Stop us if you've heard this one before, but the government has been caught with illegal timber on one of its own building sites. Sounds familiar? It should, because this is the third time it's happened in four years. If it wasn't so serious, it would be funny.
In the early hours of this morning, Greenpeace volunteers climbed to the top of Admiralty Arch in the south-west corner of Trafalgar Square where renovation work is currently being done on the building. Commuters and tourists were greeted by the sight of a huge banner that read, "Repeat offender! Blair's trashed another rainforest!" while more volunteers attempted to remove some of the offending material, namely plywood containing hardwoods from the rainforests of Papua New Guinea.
From the topRead Greenpeace Executive Director Stephen Tindale's weblog on Guardian Unlimited.
In addition, a representative from Papua New Guinea, Sam Moko, will personally deliver a piece of the plywood to 10 Downing Street with a demand for Tony Blair to stop fuelling the destruction of his forest home. Earlier this year, Brian Baring, another landowner from Papua New Guina, toured Europe to ask ministers and timber companies to ban the trade in illegal timber that is destroying the forests he grew up in.
The building houses both the Cabinet Office and the Prime Minister's Strategy Unit, and is just the latest in a series of government building blunders. In 2002, we occupied Cabinet Office rooms where sapele wood, logged illegally in the rainforests of Cameroon, was being used. Then in 2003 it was the turn of the new Home Office after we found more dodgy plywood, this time from Indonesia's rainforests.
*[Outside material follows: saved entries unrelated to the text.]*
-- ===== src/Reviews/Tests.antt =====
-- Reviews of one receipt.
use challanse_website.Devices.Enroll.{controller}
use challanse_website.Pipeline.{needs_review, verified}
use challanse_website.Reviews.{
  Reviewer, ReviewRequest, ReviewAction, verify, reject, ReviewedReceipt, VerifiedRow, Desk, Texts,
  review_found, review_receipt,
}
use challanse_website.Reviews.Versions.{ReviewCall, run, stale_review_conflicts}
use challanse_website.Reviews.Sync.{IsInSyncAt, run-IsInSync}
use challanse_website.Prelude.{
  ℕ, String, ◌≡◌, refl, none, some, List, [], ◌∷◌, arith, ◌==◌, err, nat_eq, if◌then◌else◌,
}

abbrev texts : Texts
texts = record {
  upper = λ t. t;
  chain_sha256 = λ previous event. String.◌∷◌ "h" event;
  review_json = λ row q status version. "{}";
}

abbrev reviewer : Reviewer
reviewer = record {
  user_id = 1;
  organization_id = 2;
  site_id = 3;
  role = controller;
  email = "r@example.org";
  issuer = "https://id.example.org";
  subject = "r";
}

abbrev request : ReviewAction → ℕ → ReviewRequest
request action version = record {
  action = action;
  version = version;
  challan_number = "C-1";
  po_number = "PO-1";
  material_code = "CEM";
  material_description = "Cement";
  verified_quantity = 40000;
  unit = "BAG";
  notes = "counted";
}

abbrev received : ReviewedReceipt
received = record {
  organization_id = 2;
  site_id = 3;
  status = needs_review;
  findings = record {
    challan_number = "";
    po_number = "";
    material_code = "";
    material_description = "";
    verified_quantity = none;
    unit = "";
    notes = "";
  };
  version = 1;
}

abbrev desk : Desk
desk = record {
  receipts = λ i. if i == 7 then some received else none;
  verified_receipts = [];
  audit_events = [];
  next_id = 100;
}

abbrev verified_desk : Desk
verified_desk = (review_receipt texts reviewer 7 (request verify 1) "access" 10 desk).1

abbrev calls : List ReviewCall
calls =
    record {
      reviewer = reviewer;
      receipt_id = 7;
      request = request verify 1;
      source_class = "access";
      now = 10;
    }
    ∷ record {
      reviewer = reviewer;
      receipt_id = 7;
      request = request reject 2;
      source_class = "access";
      now = 20;
    }
    ∷ []

stale_review_conflicts_example :
    let s' = run texts calls verified_desk in
    review_receipt texts reviewer 7 (request reject 1) "access" 30 s' ≡ (err "VERSION_CONFLICT", s')
unfolding review_receipt review_found
stale_review_conflicts_example =
    stale_review_conflicts texts reviewer reviewer 7 (request verify 1) (request reject 1) "access"
      "access" 10 30 desk (verified, 2) calls refl refl refl

run-IsInSync_example : IsInSyncAt texts 7 (run texts calls desk)
run-IsInSync_example = run-IsInSync texts calls 7 desk (λ h. ground (arith, h))

abbrev listed : VerifiedRow
listed = record {
  receipt_id = 7;
  organization_id = 2;
  site_id = 3;
  po_number = "PO-1";
  material_code = "CEM";
  verified_quantity = 40000;
  unit = "BAG";
  reviewer_id = "r@example.org";
  review_version = 2;
}

abbrev verified_receipt : ReviewedReceipt
verified_receipt = record received { status = verified; version = 2 }
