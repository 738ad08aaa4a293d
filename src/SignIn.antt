-- ===== src/SignIn.antt =====
-- The sign-in of reviewers of the local pilot: `_verify_second_factor` and `authenticate` of
-- services/enrichment/app/local_auth.py.
pub mod Recovery
pub mod Lockout
mod Tests
use challanse_website.Prelude.{
  ℕ, String, Bool, true, false, not, Option, none, some, List, [], ◌∷◌, ◌++◌, ◌+◌, ◌*◌, ◌&&◌, ◌||◌,
  ltb, leb, ◌==◌, find?, delete, exists_in, Result, ok, err, Action, if◌then◌else◌, nat_eq,
  string_eq,
}

abbrev pub max_failed_attempts : ℕ
max_failed_attempts = 5

abbrev pub sign_in_minute : ℕ
sign_in_minute = 60_000_000

-- `LOCKOUT_MINUTES`
abbrev pub lockout : ℕ
lockout = 15 * sign_in_minute

-- `LocalIdentity`
pub record LocalIdentity : Type 0 where
  pub user_id : ℕ
  pub email : String
  pub csrf_token : String

pub record LocalUser : Type 0 where
  pub id : ℕ
  pub email : String
  pub active : Bool

-- A row of `local_reviewer_credentials`
pub record Credential : Type 0 where
  pub password_hash : String
  pub totp_secret_ciphertext : String
  pub recovery_code_hashes : List String
  pub failed_attempts : ℕ
  pub locked_until : Option ℕ
  pub enabled : Bool

-- A row of `local_reviewer_sessions`
pub record LocalSession : Type 0 where
  pub token_hash : String
  pub user_id : ℕ
  pub csrf_hash : String
  pub expires_at : ℕ

pub data AuthEventType : Type 0 where
  login_succeeded login_failed locked recovery_code_used : AuthEventType

pub record AuthEvent : Type 0 where
  pub id : ℕ
  pub user_id : Option ℕ
  pub event_type : AuthEventType

-- The tables; the credentials by their primary key.
pub record Vault : Type 0 where
  pub users : List LocalUser
  pub credentials : ℕ → Option Credential
  pub sessions : List LocalSession
  pub auth_events : List AuthEvent
  pub next_id : ℕ

-- What the functions outside the repository answer: `str.strip`, `str.lower`, SHA-256, argon2, Fernet
-- with the key of the settings, and the time-based codes of pyotp in a window of one step.
pub record Verifiers : Type 0 where
  pub strip : String → String
  pub lower : String → String
  pub sha256 : String → String
  pub verify_password : String → String → Bool
  pub decrypt : String → Option String
  pub verify_totp : String → String → ℕ → Bool

-- The form, and what is drawn for the session.
pub record Login : Type 0 where
  pub email : String
  pub password : String
  pub second_factor : String
  pub token : String
  pub csrf : String
  pub now : ℕ

abbrev pub has_code : String → List String → Bool
has_code hash hashes = exists_in (λ h. h == hash) hashes

abbrev pub is_locked : Option ℕ → ℕ → Bool
is_locked none now = false
is_locked (some until) now = ltb now until

abbrev pub set_credential : ℕ → Credential → (ℕ → Option Credential) → ℕ → Option Credential
set_credential user c credentials i = if i == user then some c else credentials i

abbrev pub audit : AuthEventType → Option ℕ → Vault → Vault
audit type user s = record s {
  auth_events = s.auth_events ++ record { id = s.next_id; user_id = user; event_type = type } ∷ [];
  next_id = s.next_id + 1;
}

-- Whether a failure locks the account
abbrev pub locks : Credential → Bool
locks c = leb max_failed_attempts (c.failed_attempts + 1)

abbrev pub failed_credential : Credential → ℕ → Credential
failed_credential c now = record c {
  failed_attempts = c.failed_attempts + 1;
  locked_until = (if locks c then some (now + lockout) else none);
}

abbrev pub fail_login : ℕ → Credential → ℕ → Action Vault LocalIdentity
fail_login user c now s = (
  err "invalid_credentials",
  audit (if locks c then locked else login_failed) (some user)
      (record s { credentials = set_credential user (failed_credential c now) s.credentials }),
)

abbrev pub is_enabled : Option Credential → Bool
is_enabled none = false
is_enabled (some c) = c.enabled

module _ (v : Verifiers) where
  -- Whether the second factor is valid, the recovery codes that remain, and whether one was used.
  unfoldable pub verify_second_factor :
      String → String → List String → ℕ → Bool × List String × Bool
  verify_second_factor secret supplied recovery_hashes now =
      if v.verify_totp secret supplied now
      then (true, recovery_hashes, false)
      else if has_code (v.sha256 supplied) recovery_hashes
      then (true, delete (λ h. h == v.sha256 supplied) recovery_hashes, true)
      else (false, recovery_hashes, false)

  abbrev pub signed_in : Credential → List String → Credential
  signed_in c remaining = record c {
    failed_attempts = 0;
    locked_until = none;
    recovery_code_hashes = remaining;
  }

  abbrev pub sign_in : ℕ → ℕ → Credential → Login → List String → Bool → Action Vault LocalIdentity
  sign_in ttl_minutes user c login remaining recovery_used s = (
    ok (record { user_id = user; email = v.lower (v.strip login.email); csrf_token = login.csrf }),
    audit (if recovery_used then recovery_code_used else login_succeeded) (some user) (record s {
      credentials = set_credential user (signed_in c remaining) s.credentials;
      sessions =
          delete (λ row. ltb row.expires_at login.now || row.user_id == user) s.sessions
          ++ record {
            token_hash = v.sha256 login.token;
            user_id = user;
            csrf_hash = v.sha256 login.csrf;
            expires_at = login.now + ttl_minutes * sign_in_minute;
          }
            ∷ [];
    }),
  )

  abbrev pub judge :
      ℕ → ℕ → Credential → Login → Bool × List String × Bool → Action Vault LocalIdentity
  judge ttl_minutes user c login (factor_valid, remaining, recovery_used) s =
      if not (v.verify_password c.password_hash login.password) || not factor_valid
      then fail_login user c login.now s
      else sign_in ttl_minutes user c login remaining recovery_used s

  unfoldable pub check_factor :
      ℕ → ℕ → Credential → Login → Option String → Action Vault LocalIdentity
  unfolding verify_second_factor
  check_factor ttl_minutes user c login none s = (err "reviewer_mfa_secret_invalid", s)
  check_factor ttl_minutes user c login (some secret) s =
      judge ttl_minutes user c login
        (verify_second_factor secret (v.strip login.second_factor) c.recovery_code_hashes login.now)
        s

  unfoldable pub login_user : ℕ → ℕ → Login → Option Credential → Action Vault LocalIdentity
  unfolding check_factor
  login_user ttl_minutes user login none s = (err "invalid_credentials", s)
  login_user ttl_minutes user login (some c) s =
      if is_locked c.locked_until login.now
      then (err "account_locked", s)
      else check_factor ttl_minutes user c login (v.decrypt c.totp_secret_ciphertext) s

  -- The user whom the query of the credential finds
  abbrev pub is_reviewer : String → Vault → LocalUser → Bool
  is_reviewer email s u = v.lower u.email == email && u.active && is_enabled (s.credentials u.id)

  unfoldable pub login_found : ℕ → Login → Option LocalUser → Action Vault LocalIdentity
  unfolding login_user
  login_found ttl_minutes login none s = (err "invalid_credentials", audit login_failed none s)
  login_found ttl_minutes login (some u) s =
      login_user ttl_minutes u.id login (s.credentials u.id) s

  unfoldable pub authenticate : ℕ → Login → Action Vault LocalIdentity
  unfolding login_found
  authenticate ttl_minutes login s =
      login_found ttl_minutes login (find? (is_reviewer (v.lower (v.strip login.email)) s) s.users)
        s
These cock-ups have all happened under Blair's leadership so the blame falls squarely at his feet, not least because it was his own government who in 2000 introduced a timber procurement policy to "actively seek" to buy legal and sustainable timber.
If this policy was strengthened and enforced, it would have a massive effect on the UK timber industry. Central government buys up to 20 per cent of all timber in the country and with the broader public sector this climbs to around 40 percent. So that's not just a few planks we're talking about but large quantities of wood going into public building projects and who knows how much of that actually falls within policy guidelines?
But back to the Arch, where we have identified tropical hardwood plywood, manufactured in China, being used as hoardings on site. Both these species are almost exclusively sourced from the rainforests of Papua New Guinea where illegal logging is rampant.
In October last year, we highlighted this illegal rainforest plywood in the UK by dumping one tonne of it outside of Department of the Environment, Food and Rural Affairs. The absence of credible proof of either its legality or sustainability led many European timber traders to suspend trading this product. By using this timber, Blair is a partner in forest crime - read our new crime file for all the details.
None of this, however, is illegal under UK law. The only thing that will stop the UK's complicit involvement in rainforest destruction is to ban all such illegal timber imports and promote the use of wood certified by the Forest Stewardship Council. The FSC 'tree tick' logo is the only way to be sure that wood comes from environmental and socially responsible sources, not just for garden furniture and other household items, but wholesale timber as well.